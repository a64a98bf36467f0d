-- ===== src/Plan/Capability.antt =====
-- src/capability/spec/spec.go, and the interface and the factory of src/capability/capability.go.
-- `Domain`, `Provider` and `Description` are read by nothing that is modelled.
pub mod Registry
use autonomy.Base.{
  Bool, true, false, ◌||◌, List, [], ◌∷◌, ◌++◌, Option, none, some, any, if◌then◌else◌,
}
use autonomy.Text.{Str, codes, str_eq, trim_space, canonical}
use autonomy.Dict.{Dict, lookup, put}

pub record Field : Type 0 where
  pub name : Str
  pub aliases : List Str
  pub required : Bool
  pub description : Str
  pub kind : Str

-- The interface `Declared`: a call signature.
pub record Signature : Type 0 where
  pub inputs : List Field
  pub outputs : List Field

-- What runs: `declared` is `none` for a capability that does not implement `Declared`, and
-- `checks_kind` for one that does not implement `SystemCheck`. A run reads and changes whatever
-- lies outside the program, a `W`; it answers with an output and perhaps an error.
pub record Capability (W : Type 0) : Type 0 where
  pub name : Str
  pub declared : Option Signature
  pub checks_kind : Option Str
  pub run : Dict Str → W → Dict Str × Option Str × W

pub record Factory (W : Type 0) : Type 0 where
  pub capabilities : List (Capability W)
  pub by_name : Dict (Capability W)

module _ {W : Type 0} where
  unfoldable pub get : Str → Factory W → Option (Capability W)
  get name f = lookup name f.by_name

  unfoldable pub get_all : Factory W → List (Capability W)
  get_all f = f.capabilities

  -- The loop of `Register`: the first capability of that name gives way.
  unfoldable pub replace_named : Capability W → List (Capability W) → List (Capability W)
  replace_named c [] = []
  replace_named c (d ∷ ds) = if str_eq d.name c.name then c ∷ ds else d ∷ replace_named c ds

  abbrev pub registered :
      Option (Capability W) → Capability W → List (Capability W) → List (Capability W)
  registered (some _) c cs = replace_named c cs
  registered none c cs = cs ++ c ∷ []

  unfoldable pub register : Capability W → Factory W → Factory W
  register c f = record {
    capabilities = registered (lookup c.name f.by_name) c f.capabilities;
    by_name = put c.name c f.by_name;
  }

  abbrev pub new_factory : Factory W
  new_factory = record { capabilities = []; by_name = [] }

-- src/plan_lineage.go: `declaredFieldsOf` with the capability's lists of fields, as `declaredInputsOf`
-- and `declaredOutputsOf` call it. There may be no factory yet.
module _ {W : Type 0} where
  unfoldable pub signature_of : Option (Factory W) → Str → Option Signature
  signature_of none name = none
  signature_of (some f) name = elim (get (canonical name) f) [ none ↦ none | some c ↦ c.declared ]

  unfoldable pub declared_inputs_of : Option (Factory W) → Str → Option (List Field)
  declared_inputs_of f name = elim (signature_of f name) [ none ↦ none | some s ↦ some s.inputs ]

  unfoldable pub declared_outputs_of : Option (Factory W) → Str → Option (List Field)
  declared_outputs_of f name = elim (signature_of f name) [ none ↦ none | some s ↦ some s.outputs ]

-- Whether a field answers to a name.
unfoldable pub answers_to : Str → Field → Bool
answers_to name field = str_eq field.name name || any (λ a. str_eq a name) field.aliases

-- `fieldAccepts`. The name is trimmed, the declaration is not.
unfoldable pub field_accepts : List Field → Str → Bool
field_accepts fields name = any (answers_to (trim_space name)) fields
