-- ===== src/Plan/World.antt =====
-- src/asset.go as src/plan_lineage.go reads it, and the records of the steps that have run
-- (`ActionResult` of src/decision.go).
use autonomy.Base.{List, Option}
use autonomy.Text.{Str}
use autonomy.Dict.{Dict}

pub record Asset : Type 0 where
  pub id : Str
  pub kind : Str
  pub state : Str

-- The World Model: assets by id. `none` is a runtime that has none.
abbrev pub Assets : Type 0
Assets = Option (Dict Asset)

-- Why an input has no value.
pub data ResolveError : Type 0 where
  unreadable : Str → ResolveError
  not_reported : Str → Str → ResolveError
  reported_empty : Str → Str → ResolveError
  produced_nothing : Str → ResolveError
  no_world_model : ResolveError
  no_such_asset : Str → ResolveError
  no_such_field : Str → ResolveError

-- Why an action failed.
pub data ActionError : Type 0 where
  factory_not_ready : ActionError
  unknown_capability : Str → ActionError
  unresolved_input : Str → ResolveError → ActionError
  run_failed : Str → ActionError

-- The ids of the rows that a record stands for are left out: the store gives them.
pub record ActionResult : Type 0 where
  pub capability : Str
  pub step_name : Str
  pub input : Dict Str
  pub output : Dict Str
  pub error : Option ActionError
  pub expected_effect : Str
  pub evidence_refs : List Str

» Exercise prompt: Scan the lines above for "registered (some _)" and for "unfoldable pub answers_to". Repeat exactly the line holding each of them and every line in between.

» Written response:
  registered (some _) c cs = replace_named c cs
  registered none c cs = cs ++ c ∷ []

  unfoldable pub register : Capability W → Factory W → Factory W
  register c f = record {
    capabilities = registered (lookup c.name f.by_name) c f.capabilities;
    by_name = put c.name c f.by_name;
  }

  abbrev pub new_factory : Factory W
  new_factory = record { capabilities = []; by_name = [] }

-- src/plan_lineage.go: `declaredFieldsOf` with the capability's lists of fields, as `declaredInputsOf`
-- and `declaredOutputsOf` call it. There may be no factory yet.
module _ {W : Type 0} where
  unfoldable pub signature_of : Option (Factory W) → Str → Option Signature
  signature_of none name = none
  signature_of (some f) name = elim (get (canonical name) f) [ none ↦ none | some c ↦ c.declared ]

  unfoldable pub declared_inputs_of : Option (Factory W) → Str → Option (List Field)
  declared_inputs_of f name = elim (signature_of f name) [ none ↦ none | some s ↦ some s.inputs ]

  unfoldable pub declared_outputs_of : Option (Factory W) → Str → Option (List Field)
  declared_outputs_of f name = elim (signature_of f name) [ none ↦ none | some s ↦ some s.outputs ]

-- Whether a field answers to a name.
unfoldable pub answers_to : Str → Field → Bool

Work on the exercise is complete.